• Your assignment
Every line from the one with "is_patch_allowed_iff path = any_prefix_iff" to the one with "filter_response-IsFiltered resp = (filter_response-expected", including those two, is to be copied exactly; all other lines of the entries below are left out.

[Dataset records — start]

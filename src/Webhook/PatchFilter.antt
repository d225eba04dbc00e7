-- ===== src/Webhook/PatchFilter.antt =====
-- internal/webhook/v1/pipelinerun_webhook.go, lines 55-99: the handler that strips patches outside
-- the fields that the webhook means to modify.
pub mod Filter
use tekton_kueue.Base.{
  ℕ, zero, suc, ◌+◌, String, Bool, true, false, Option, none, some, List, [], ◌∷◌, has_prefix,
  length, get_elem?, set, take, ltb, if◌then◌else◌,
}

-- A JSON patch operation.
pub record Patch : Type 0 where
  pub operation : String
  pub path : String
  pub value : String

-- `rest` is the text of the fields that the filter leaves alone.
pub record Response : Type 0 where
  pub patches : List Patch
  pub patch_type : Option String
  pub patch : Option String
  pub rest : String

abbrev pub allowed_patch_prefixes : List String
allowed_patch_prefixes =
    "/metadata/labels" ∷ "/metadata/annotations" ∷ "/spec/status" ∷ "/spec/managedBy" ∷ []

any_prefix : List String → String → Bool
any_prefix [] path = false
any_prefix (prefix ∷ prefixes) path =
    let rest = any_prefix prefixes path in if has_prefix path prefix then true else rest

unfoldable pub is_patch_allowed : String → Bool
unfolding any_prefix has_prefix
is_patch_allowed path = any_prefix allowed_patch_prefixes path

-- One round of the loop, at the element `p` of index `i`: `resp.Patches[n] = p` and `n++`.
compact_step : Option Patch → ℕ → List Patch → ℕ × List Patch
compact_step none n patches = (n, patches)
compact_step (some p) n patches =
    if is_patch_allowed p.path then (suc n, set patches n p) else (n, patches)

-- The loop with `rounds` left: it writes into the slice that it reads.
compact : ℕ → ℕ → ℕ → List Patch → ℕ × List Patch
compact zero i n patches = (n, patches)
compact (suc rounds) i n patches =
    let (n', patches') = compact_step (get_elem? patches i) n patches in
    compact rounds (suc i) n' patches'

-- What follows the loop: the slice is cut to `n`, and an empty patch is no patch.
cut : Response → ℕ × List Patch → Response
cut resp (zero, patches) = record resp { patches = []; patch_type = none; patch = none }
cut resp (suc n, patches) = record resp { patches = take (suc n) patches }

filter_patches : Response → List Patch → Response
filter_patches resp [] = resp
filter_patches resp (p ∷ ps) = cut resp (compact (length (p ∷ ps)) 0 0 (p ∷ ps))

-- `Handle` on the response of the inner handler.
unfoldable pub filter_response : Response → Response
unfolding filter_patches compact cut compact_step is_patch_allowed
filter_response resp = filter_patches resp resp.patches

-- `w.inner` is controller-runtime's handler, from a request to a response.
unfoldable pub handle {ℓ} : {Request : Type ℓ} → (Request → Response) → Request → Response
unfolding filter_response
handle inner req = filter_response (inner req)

[Dataset records — finish]
[Dataset records — start]

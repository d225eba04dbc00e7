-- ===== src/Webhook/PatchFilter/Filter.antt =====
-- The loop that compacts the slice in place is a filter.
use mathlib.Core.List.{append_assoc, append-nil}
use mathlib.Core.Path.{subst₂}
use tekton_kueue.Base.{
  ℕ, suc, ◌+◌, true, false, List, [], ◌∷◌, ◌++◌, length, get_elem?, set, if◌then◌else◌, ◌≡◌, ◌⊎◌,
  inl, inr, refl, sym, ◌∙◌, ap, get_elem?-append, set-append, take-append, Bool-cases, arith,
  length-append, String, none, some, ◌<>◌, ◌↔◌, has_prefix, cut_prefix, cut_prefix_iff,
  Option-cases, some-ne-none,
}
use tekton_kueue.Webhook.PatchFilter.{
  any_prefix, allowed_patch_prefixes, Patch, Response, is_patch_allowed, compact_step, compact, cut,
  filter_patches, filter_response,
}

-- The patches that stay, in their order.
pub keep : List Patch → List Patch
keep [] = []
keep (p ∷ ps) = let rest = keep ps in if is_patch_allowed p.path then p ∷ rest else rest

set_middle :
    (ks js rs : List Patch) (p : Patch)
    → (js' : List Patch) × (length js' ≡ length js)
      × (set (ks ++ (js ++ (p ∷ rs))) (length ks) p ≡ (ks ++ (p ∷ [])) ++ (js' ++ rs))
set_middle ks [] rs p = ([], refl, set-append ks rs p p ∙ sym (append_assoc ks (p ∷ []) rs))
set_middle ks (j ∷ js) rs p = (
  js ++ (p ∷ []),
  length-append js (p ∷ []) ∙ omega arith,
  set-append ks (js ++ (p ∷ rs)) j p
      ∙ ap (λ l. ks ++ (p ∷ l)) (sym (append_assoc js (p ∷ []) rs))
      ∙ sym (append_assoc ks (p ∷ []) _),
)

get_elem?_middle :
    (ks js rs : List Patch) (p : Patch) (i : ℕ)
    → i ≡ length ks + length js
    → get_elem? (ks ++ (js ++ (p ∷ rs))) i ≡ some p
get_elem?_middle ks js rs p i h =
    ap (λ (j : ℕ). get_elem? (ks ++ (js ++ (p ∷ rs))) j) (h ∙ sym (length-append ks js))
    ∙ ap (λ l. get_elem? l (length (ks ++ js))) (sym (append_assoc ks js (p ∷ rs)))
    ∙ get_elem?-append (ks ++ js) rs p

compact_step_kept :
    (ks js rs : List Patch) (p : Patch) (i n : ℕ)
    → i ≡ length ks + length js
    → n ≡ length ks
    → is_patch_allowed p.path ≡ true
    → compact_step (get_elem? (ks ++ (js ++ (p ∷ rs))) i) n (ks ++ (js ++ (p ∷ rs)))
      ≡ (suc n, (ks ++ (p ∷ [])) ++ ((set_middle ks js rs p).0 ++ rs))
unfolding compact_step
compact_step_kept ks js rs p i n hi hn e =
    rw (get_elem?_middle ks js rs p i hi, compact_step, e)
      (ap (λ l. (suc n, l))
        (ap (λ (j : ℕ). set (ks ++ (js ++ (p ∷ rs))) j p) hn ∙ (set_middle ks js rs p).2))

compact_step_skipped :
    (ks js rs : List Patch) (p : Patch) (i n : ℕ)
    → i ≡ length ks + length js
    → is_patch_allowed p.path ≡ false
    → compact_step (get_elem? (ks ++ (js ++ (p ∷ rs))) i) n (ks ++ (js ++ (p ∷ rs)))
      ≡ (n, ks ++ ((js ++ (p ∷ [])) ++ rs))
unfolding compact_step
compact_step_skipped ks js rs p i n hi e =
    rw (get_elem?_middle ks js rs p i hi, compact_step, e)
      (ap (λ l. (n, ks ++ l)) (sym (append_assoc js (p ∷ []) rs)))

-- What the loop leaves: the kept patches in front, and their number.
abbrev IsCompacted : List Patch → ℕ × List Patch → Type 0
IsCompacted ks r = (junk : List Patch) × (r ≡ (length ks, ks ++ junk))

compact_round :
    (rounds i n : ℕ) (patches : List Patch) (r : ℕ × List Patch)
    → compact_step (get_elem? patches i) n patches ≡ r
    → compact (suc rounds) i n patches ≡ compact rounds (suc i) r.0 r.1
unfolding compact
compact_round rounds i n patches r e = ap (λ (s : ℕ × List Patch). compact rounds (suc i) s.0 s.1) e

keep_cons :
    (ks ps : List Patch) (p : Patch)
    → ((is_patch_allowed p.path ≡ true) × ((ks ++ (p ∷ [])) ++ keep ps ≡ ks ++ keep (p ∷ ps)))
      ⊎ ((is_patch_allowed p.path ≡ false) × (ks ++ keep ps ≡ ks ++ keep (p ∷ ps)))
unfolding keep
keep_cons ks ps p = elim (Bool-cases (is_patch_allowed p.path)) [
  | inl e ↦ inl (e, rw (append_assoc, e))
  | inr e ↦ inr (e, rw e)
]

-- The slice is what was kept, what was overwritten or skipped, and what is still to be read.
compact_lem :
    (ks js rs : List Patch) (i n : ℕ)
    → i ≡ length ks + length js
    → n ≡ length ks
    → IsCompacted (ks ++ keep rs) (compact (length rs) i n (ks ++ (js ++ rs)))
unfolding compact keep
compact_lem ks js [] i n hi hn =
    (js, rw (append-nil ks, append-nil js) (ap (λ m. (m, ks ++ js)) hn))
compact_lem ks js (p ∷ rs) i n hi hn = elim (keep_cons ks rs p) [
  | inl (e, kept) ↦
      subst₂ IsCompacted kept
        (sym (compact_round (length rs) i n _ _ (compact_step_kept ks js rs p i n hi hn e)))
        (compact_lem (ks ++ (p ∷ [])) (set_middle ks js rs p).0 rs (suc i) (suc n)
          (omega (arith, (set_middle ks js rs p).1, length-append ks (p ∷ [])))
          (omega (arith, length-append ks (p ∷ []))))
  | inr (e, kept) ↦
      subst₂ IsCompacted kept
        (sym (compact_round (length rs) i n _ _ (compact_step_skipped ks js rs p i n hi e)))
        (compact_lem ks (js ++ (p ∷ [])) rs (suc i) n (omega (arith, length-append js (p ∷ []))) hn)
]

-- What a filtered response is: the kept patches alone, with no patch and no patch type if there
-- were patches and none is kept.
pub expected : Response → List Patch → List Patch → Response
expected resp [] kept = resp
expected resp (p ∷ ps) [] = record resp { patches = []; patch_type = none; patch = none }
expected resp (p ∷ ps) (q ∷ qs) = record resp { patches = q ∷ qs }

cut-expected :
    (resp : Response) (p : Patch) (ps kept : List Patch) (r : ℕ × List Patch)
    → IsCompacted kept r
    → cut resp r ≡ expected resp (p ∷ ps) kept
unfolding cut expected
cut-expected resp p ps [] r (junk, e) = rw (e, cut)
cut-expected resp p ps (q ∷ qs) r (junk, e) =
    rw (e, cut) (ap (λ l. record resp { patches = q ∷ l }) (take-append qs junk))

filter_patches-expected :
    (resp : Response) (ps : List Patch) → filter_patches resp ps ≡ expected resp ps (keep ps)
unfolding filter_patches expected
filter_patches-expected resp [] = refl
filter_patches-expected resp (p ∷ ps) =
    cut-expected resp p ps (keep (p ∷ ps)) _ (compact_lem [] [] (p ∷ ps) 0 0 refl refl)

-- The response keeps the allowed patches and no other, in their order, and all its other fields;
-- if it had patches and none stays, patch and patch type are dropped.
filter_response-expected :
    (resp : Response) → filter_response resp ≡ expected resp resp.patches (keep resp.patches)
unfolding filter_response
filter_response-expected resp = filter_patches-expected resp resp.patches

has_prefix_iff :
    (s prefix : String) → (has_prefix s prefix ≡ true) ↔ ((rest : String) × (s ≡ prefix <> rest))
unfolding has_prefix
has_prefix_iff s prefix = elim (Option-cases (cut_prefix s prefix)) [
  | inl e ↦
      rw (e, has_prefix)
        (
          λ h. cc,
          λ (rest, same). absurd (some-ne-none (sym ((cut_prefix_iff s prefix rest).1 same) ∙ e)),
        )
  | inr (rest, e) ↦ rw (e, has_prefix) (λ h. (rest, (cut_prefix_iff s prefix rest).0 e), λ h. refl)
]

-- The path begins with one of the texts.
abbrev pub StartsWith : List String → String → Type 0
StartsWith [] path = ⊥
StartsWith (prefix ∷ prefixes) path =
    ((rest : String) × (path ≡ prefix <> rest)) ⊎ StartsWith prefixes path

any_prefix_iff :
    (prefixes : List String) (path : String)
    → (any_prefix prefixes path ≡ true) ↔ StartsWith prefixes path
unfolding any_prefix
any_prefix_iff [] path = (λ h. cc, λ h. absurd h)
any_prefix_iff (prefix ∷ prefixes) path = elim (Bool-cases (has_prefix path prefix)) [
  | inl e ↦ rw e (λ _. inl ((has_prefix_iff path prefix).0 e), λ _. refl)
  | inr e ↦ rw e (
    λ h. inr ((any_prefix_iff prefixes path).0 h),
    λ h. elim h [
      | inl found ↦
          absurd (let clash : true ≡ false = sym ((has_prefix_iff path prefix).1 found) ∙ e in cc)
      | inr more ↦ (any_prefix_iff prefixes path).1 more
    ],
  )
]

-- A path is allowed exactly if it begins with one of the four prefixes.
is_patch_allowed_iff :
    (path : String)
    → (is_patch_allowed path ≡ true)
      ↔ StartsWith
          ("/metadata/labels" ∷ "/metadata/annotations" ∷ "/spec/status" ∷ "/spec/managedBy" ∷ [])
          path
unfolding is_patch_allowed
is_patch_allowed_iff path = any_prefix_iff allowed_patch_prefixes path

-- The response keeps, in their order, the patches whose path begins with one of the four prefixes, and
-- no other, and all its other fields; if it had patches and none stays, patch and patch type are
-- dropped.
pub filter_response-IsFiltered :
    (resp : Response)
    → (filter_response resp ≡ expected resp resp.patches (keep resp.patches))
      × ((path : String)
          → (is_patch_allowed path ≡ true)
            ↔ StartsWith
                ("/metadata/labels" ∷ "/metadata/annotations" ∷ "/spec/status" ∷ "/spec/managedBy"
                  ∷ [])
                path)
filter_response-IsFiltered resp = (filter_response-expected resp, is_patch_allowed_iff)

[Dataset records — finish]

• Written solution
is_patch_allowed_iff path = any_prefix_iff allowed_patch_prefixes path

-- The response keeps, in their order, the patches whose path begins with one of the four prefixes, and
-- no other, and all its other fields; if it had patches and none stays, patch and patch type are
-- dropped.
pub filter_response-IsFiltered :
    (resp : Response)
    → (filter_response resp ≡ expected resp resp.patches (keep resp.patches))
      × ((path : String)
          → (is_patch_allowed path ≡ true)
            ↔ StartsWith
                ("/metadata/labels" ∷ "/metadata/annotations" ∷ "/spec/status" ∷ "/spec/managedBy"
                  ∷ [])
                path)
filter_response-IsFiltered resp = (filter_response-expected resp, is_patch_allowed_iff)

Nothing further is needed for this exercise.